* Exercise directions *
Copy out all lines in the data below containing the string "false".

..........

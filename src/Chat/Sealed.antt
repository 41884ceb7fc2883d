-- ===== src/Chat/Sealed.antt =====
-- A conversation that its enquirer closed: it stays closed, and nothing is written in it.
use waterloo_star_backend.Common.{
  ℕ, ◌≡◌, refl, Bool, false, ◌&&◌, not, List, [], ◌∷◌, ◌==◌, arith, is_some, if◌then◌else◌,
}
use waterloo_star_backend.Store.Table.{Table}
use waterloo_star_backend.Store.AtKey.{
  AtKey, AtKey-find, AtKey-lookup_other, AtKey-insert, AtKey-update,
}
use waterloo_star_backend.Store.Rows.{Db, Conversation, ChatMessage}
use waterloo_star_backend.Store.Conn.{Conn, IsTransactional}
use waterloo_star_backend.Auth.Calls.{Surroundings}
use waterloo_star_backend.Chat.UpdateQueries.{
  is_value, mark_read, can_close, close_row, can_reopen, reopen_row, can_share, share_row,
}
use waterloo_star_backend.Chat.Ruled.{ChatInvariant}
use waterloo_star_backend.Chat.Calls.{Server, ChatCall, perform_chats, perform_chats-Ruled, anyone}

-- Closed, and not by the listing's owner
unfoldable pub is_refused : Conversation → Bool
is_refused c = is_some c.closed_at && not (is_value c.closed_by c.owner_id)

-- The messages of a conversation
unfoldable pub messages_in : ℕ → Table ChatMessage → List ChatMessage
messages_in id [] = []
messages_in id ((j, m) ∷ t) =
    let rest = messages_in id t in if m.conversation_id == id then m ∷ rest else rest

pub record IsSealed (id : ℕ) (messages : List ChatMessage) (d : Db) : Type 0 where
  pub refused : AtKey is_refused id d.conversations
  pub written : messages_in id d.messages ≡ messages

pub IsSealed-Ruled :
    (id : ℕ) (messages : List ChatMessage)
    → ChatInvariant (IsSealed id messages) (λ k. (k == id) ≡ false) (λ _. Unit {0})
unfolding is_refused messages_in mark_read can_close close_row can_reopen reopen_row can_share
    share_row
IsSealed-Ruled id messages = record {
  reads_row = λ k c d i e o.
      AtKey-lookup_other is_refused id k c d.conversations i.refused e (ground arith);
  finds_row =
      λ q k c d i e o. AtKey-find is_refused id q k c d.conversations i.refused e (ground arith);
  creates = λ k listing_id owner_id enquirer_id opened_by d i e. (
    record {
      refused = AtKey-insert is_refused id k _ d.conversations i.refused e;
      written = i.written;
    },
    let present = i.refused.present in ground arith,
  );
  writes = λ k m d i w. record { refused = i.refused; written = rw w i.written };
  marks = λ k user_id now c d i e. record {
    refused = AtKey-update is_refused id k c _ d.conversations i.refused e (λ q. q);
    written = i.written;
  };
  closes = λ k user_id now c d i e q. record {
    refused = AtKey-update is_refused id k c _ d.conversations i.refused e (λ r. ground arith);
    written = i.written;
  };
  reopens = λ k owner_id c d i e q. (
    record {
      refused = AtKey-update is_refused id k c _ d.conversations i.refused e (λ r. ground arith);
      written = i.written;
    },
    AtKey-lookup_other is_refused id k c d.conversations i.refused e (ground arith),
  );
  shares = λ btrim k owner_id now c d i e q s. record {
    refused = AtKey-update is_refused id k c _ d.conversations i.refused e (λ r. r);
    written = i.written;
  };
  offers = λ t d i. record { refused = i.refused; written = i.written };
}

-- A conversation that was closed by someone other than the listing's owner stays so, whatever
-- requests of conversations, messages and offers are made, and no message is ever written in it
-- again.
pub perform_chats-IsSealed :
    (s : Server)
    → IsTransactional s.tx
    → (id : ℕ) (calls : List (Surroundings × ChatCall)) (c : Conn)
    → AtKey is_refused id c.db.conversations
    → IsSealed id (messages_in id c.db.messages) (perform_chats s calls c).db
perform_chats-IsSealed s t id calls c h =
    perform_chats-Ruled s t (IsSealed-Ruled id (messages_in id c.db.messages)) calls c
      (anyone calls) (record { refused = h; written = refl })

..........

* Exercise output *
  ℕ, ◌≡◌, refl, Bool, false, ◌&&◌, not, List, [], ◌∷◌, ◌==◌, arith, is_some, if◌then◌else◌,
    → ChatInvariant (IsSealed id messages) (λ k. (k == id) ≡ false) (λ _. Unit {0})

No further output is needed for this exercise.